WASHINGTON (CN) — The Biden administration asked the Supreme Court on Thursday to block a Texas federal judge’s nationwide pause on ghost gun regulations. 

U.S. Solicitor General Elizabeth Prelogar told the justices that an immediate halt to the ruling is necessary to prevent harm to public safety. 

“The district court’s universal vacatur is irreparably harming the public and the government by reopening the floodgates to the tide of untraceable ghost guns flowing into our nation’s communities,” Prelogar wrote in the emergency application. “Once those guns are sold, the damage is done: Some will already be in the hands of criminals and other prohibited persons — and when they are inevitably used in crimes, they are untraceable.” 

Ghost guns refer to unserialized and untraceable firearms that can be bought in pieces online and assembled at home. Anyone with a credit card can purchase these items and create a fully functional firearm in as little as 20 minutes. 

The government says the number of ghost guns on the market has skyrocketed in the last few years. In 2017, law enforcement recovered about 1,600 ghost guns for tracing. By 2021, they had received over 19,000. A recent Washington Post investigation revealed how teenagers were taking advantage of the weapons with deadly consequences. 

Aiming to crack down on these weapons, the Bureau of Alcohol, Tobacco, Firearms, and Explosives updated its regulations on how firearms are defined to include ghost guns. ATF clarified that parts kits should be included in this definition. This change forces companies that sell the kits to obtain a federal firearm license as well as put serial numbers on the kit parts. Customers would also be required to undergo a background check before purchasing these items. 

Gun owners, advocacy groups, and manufacturers of the weapons sued the government to block the new rule. They are challenging the updated definition of firearms to include weapon part kits. The groups also take issue with the new definition of the frame or receiver to include dissembled weapons. 

In June, the lower court ruled in favor of these groups, finding that AFT went beyond its jurisdiction in creating the new rule. The judge vacated the rule nationwide. 

A Fifth Circuit panel offered the government a partial stay. The appellate court said the vacatur was overbroad but refused to stop the pause on the two challenged provisions of the new rule. 

The government says the Fifth Circuit’s action was not enough to prevent irreparable harm and has now asked the Supreme Court to step in. 

“There is more than ‘a fair prospect that the court would reverse’ if it granted review,” Prelogar wrote. “A weapon parts kit falls within the plain meaning of the act’s definition of ‘firearm.’ The term ‘frame or receiver’ is naturally interpreted to include partially complete receivers that can easily be made functional. And at a minimum, the district court erred in granting universal vacatur, wiping the rule off the books nationwide and pretermitting litigation pending in other courts.” 

Prelogar told the justices that without their help, makers of these kits would be free to continue on as they have been.

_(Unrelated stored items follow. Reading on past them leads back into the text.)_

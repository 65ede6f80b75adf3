-- ===== src/Adapters/Fix/Subscribed.antt =====
-- `FixSubNode.cycle`: a symbol is requested once, and at the latest when the session is logged in.
use wingfoil.Base.{
  ◌≡◌, refl, sym, subst, ◌∙◌, Bool, true, false, ◌||◌, List, [], ◌∷◌, ◌++◌, any, All, All-append,
  Bool-cases, inl, inr, length,
}
use wingfoil.Adapters.Fix.Decimal.{Text}
use wingfoil.Adapters.Fix.Codec.{FixMessage}
use wingfoil.Adapters.Fix.Requested.{offers, Requested, Requested-refl, Requested-trans}
use wingfoil.Adapters.Fix.Session.{FixSessionStatus, text_eq}
use wingfoil.Adapters.Fix.Subscribe.{
  contains, Node, subscribe, collect_one, collect, flush_one, flush_all, drain_pending,
  is_logged_in, cycle,
}
use wingfoil.Adapters.Fix.Unique.{
  Unique, text_eq→≡, Unique-snoc, contains-old, contains-new, or_left, or_right, or_cases, every,
}

module _ {Queue : Type 0} (offer : FixMessage → Queue → Queue) where
  -- From `n` to `m` symbols are only added.
  record Grows (n m : Node offer) : Type 0 where
    sent : (x : Text) → contains x n.0.sent ≡ true → contains x m.0.sent ≡ true
    same_login : m.0.logged_in ≡ n.0.logged_in
    once : Unique n.0.sent → Unique m.0.sent
    requested : Requested offer n m

  Grows-trans : {n m k : Node offer} → Grows n m → Grows m k → Grows n k
  Grows-trans {n = n} {m = m} {k = k} a b = record {
    sent = λ x h. b.sent x (a.sent x h);
    same_login = b.same_login ∙ a.same_login;
    once = λ h. b.once (a.once h);
    requested = Requested-trans offer n m k a.requested b.requested;
  }

  Grows-refl : (n : Node offer) → Grows n n
  Grows-refl n = record {
    sent = λ x h. h;
    same_login = refl;
    once = λ h. h;
    requested = Requested-refl offer n;
  }

  subscribe-Grows :
      (x : Text) (n : Node offer) → contains x n.0.sent ≡ false → Grows n (subscribe offer x n)
  unfolding subscribe
  subscribe-Grows x n new = record {
    sent = λ y h. contains-old n.0.sent x y h;
    same_login = refl;
    once = λ h. Unique-snoc n.0.sent x h new;
    requested = (x ∷ [], refl, refl);
  }

  subscribe-sent : (x : Text) (n : Node offer) → contains x (subscribe offer x n).0.sent ≡ true
  unfolding subscribe
  subscribe-sent x n = contains-new n.0.sent x

  flush_one-Grows :
      (x : Text) (n : Node offer)
      → Grows n (flush_one offer x n) × (contains x (flush_one offer x n).0.sent ≡ true)
  unfolding flush_one
  flush_one-Grows x n = elim (Bool-cases (contains x n.0.sent)) [
    | inl e ↦ rw (e, flush_one) (Grows-refl n, e)
    | inr e ↦ rw (e, flush_one) (subscribe-Grows x n e, subscribe-sent x n)
  ]

  flush_all-Grows :
      (l : List Text) (n : Node offer)
      → Grows n (flush_all offer l n)
        × ((x : Text) → contains x l ≡ true → contains x (flush_all offer l n).0.sent ≡ true)
  unfolding flush_all
  flush_all-Grows [] n = (Grows-refl n, λ x h. cc)
  flush_all-Grows (y ∷ l) n =
      let (one, there) = flush_one-Grows y n in
      let (rest, all_) = flush_all-Grows l (flush_one offer y n) in
      (
        Grows-trans one rest,
        λ x h. elim (Bool-cases (text_eq y x)) [
          | inl e ↦
              subst (λ z. contains z (flush_all offer l (flush_one offer y n)).0.sent ≡ true)
                (text_eq→≡ y x e) (rest.sent y there)
          | inr e ↦ all_ x (rw e at h)
        ],
      )

  flush_all-pending :
      (l : List Text) (n : Node offer) → (flush_all offer l n).0.pending ≡ n.0.pending
  unfolding flush_all
  flush_all-pending [] n = refl
  flush_all-pending (y ∷ l) n = flush_all-pending l (flush_one offer y n) ∙ one y n
    where
      one : (y : Text) (n : Node offer) → (flush_one offer y n).0.pending ≡ n.0.pending
      one y n = elim (Bool-cases (contains y n.0.sent)) [
        | inl e ↦ rw (e, flush_one) refl
        | inr e ↦ rw (e, flush_one) refl
      ]

  abbrev asked : Text → Node offer → Bool
  asked x n = contains x n.0.sent || contains x n.0.pending

  abbrev Keeps : Node offer → Node offer → Type 0
  Keeps n m = Grows n m × ((x : Text) → asked x n ≡ true → asked x m ≡ true)

  subscribe-Keeps :
      (x : Text) (n : Node offer) → contains x n.0.sent ≡ false → Keeps n (subscribe offer x n)
  unfolding subscribe
  subscribe-Keeps x n new = (
    subscribe-Grows x n new,
    λ y h. elim (or_cases (contains y n.0.sent) (contains y n.0.pending) h) [
      | inl e ↦ or_left _ (contains y n.0.pending) (contains-old n.0.sent x y e)
      | inr e ↦ or_right (contains y (n.0.sent ++ x ∷ [])) _ e
    ],
  )

  abbrev with_pending : Text → Node offer → Node offer
  with_pending x n = (record (n.0) { pending = n.0.pending ++ x ∷ [] }, n.1)

  pend-Keeps : (x : Text) (n : Node offer) → Keeps n (with_pending x n)
  pend-Keeps x n = (
    record {
      sent = λ y h. h;
      same_login = refl;
      once = λ h. h;
      requested = Requested-refl offer n;
    },
    λ y h. elim (or_cases (contains y n.0.sent) (contains y n.0.pending) h) [
      | inl e ↦ or_left _ (contains y (n.0.pending ++ x ∷ [])) e
      | inr e ↦ or_right (contains y n.0.sent) _ (contains-old n.0.pending x y e)
    ],
  )

  already_sent :
      (x : Text) (n : Node offer) → contains x n.0.sent ≡ true → collect_one offer x n ≡ n
  unfolding collect_one
  already_sent x n e = rw (e, collect_one) refl

  already_pending :
      (x : Text) (n : Node offer)
      → contains x n.0.sent ≡ false
      → contains x n.0.pending ≡ true
      → collect_one offer x n ≡ n
  unfolding collect_one
  already_pending x n e e' = rw (e, collect_one) (rw e' refl)

  at_once :
      (x : Text) (n : Node offer)
      → contains x n.0.sent ≡ false
      → contains x n.0.pending ≡ false
      → n.0.logged_in ≡ true
      → collect_one offer x n ≡ subscribe offer x n
  unfolding collect_one
  at_once x n e e' l = rw (e, collect_one) (rw e' (rw l refl))

  later :
      (x : Text) (n : Node offer)
      → contains x n.0.sent ≡ false
      → contains x n.0.pending ≡ false
      → n.0.logged_in ≡ false
      → collect_one offer x n ≡ with_pending x n
  unfolding collect_one
  later x n e e' l = rw (e, collect_one) (rw e' (rw l refl))

  Asked : Text → Node offer → Node offer → Type 0
  Asked x n m = Keeps n m × (asked x m ≡ true)

  collect_one-Keeps : (x : Text) (n : Node offer) → Asked x n (collect_one offer x n)
  unfolding Asked
  collect_one-Keeps x n = elim (Bool-cases (contains x n.0.sent)) [
    | inl e ↦
        subst (Asked x n) (sym (already_sent x n e))
          ((Grows-refl n, λ y h. h), or_left _ (contains x n.0.pending) e)
    | inr e ↦ elim (Bool-cases (contains x n.0.pending)) [
      | inl e' ↦
          subst (Asked x n) (sym (already_pending x n e e'))
            ((Grows-refl n, λ y h. h), or_right (contains x n.0.sent) _ e')
      | inr e' ↦ elim (Bool-cases n.0.logged_in) [
        | inl l ↦ subst (Asked x n) (sym (at_once x n e e' l)) (
          subscribe-Keeps x n e,
          or_left _ (contains x (subscribe offer x n).0.pending) (subscribe-sent x n),
        )
        | inr l ↦
            subst (Asked x n) (sym (later x n e e' l))
              (pend-Keeps x n, or_right (contains x n.0.sent) _ (contains-new n.0.pending x))
      ]
    ]
  ]

  -- Every symbol of the list is asked for in the end, and none is forgotten.
  collect-Keeps :
      (l : List Text) (n : Node offer)
      → Keeps n (collect offer l n)
        × ((x : Text) → contains x l ≡ true → asked x (collect offer l n) ≡ true)
  unfolding collect Asked
  collect-Keeps [] n = ((Grows-refl n, λ y h. h), λ x h. cc)
  collect-Keeps (y ∷ l) n =
      let (one, there) = collect_one-Keeps y n in
      let (rest, all_) = collect-Keeps l (collect_one offer y n) in
      (
        (Grows-trans one.0 rest.0, λ x h. rest.1 x (one.1 x h)),
        λ x h. elim (Bool-cases (text_eq y x)) [
          | inl e ↦
              subst (λ z. asked z (collect offer l (collect_one offer y n)) ≡ true)
                (text_eq→≡ y x e) (rest.1 y there)
          | inr e ↦ all_ x (rw e at h)
        ],
      )

  drained :
      (n : Node offer)
      → n.0.logged_in ≡ true
      → drain_pending offer n ≡ flush_all offer n.0.pending (record (n.0) { pending = [] }, n.1)
  unfolding drain_pending
  drained n l = rw (l, drain_pending) refl

  drain_pending-Grows :
      (n : Node offer)
      → n.0.logged_in ≡ true
      → Grows n (drain_pending offer n)
        × ((drain_pending offer n).0.pending ≡ [])
        × ((x : Text) → asked x n ≡ true → contains x (drain_pending offer n).0.sent ≡ true)
  drain_pending-Grows n l =
      let taken : Node offer = (record (n.0) { pending = [] }, n.1) in
      let (grows, all_) = flush_all-Grows n.0.pending taken in
      let start : Grows n taken = record {
        sent = λ y h. h;
        same_login = refl;
        once = λ h. h;
        requested = Requested-refl offer n;
      } in
      subst
        (λ m.
          Grows n m
          × (m.0.pending ≡ [])
          × ((x : Text) → asked x n ≡ true → contains x m.0.sent ≡ true))
        (sym (drained n l))
        (
          Grows-trans start grows,
          flush_all-pending n.0.pending taken,
          λ x h. elim (or_cases (contains x n.0.sent) (contains x n.0.pending) h) [
            | inl e ↦ grows.sent x e
            | inr e ↦ all_ x e
          ],
        )

  -- If no symbol stands twice in the list of requested symbols, and the session is logged in or
  -- the burst says so, then after a cycle of FixSubNode none stands twice in it, nothing is
  -- pending, and all that was requested or pending and all new symbols are in it; and what was
  -- offered to the queue is one market data request for each symbol that is new in the list, in
  -- its order, whose request id has the number of the symbols requested before it and the symbol.
  pub cycle-Unique :
      (burst : List FixSessionStatus) (symbols : List Text) (n : Node offer)
      → Unique n.0.sent
      → (any is_logged_in burst || n.0.logged_in) ≡ true
      → let (s, q) = cycle offer burst symbols n in
        Unique s.sent
        × (s.pending ≡ [])
        × All (λ x. contains x s.sent ≡ true) (n.0.sent ++ n.0.pending ++ symbols)
        × ((new : List Text) × (s.sent ≡ n.0.sent ++ new)
            × (q ≡ offers offer (length n.0.sent) new n.1))
  unfolding cycle
  cycle-Unique burst symbols n once l =
      let before : Node offer =
        (record (n.0) { logged_in = any is_logged_in burst || n.0.logged_in }, n.1) in
      let (kept, asked_) = collect-Keeps symbols before in
      let (grows, empty, sent_) =
        drain_pending-Grows (collect offer symbols before) (kept.0.same_login ∙ l) in
      (
        grows.once (kept.0.once once),
        empty,
        All-append _ (n.0.sent ++ n.0.pending) symbols
            (All-append _ n.0.sent n.0.pending
              (every n.0.sent (λ x h. sent_ x (kept.1 x (or_left _ (contains x n.0.pending) h))))
              (every n.0.pending (λ x h. sent_ x (kept.1 x (or_right (contains x n.0.sent) _ h)))))
            (every symbols (λ x h. sent_ x (asked_ x h))),
        Requested-trans offer n (collect offer symbols before)
            (drain_pending offer (collect offer symbols before)) kept.0.requested grows.requested,
      )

“Those profound harms to public safety and law enforcement dwarf any harm a stay would impose on respondents,” Prelogar wrote. “Under a stay, respondents would remain free to make, sell, and buy weapon parts kits and partial frames and receivers; they would need to comply only with the same straightforward and inexpensive administrative requirements that apply to commercial sales of all other firearms.” 

Other challenges to ATF’s rule have failed to halt the new regulations. A Texas firearms parts dealer brought a suit against the rule, claiming it would shutter its business. That challenge, however, was shot down by a federal judge in 2022. 

The high court has not yet requested a response from gun owners and advocacy groups. The application sits on the court’s shadow docket and could be acted upon by the justices at any time.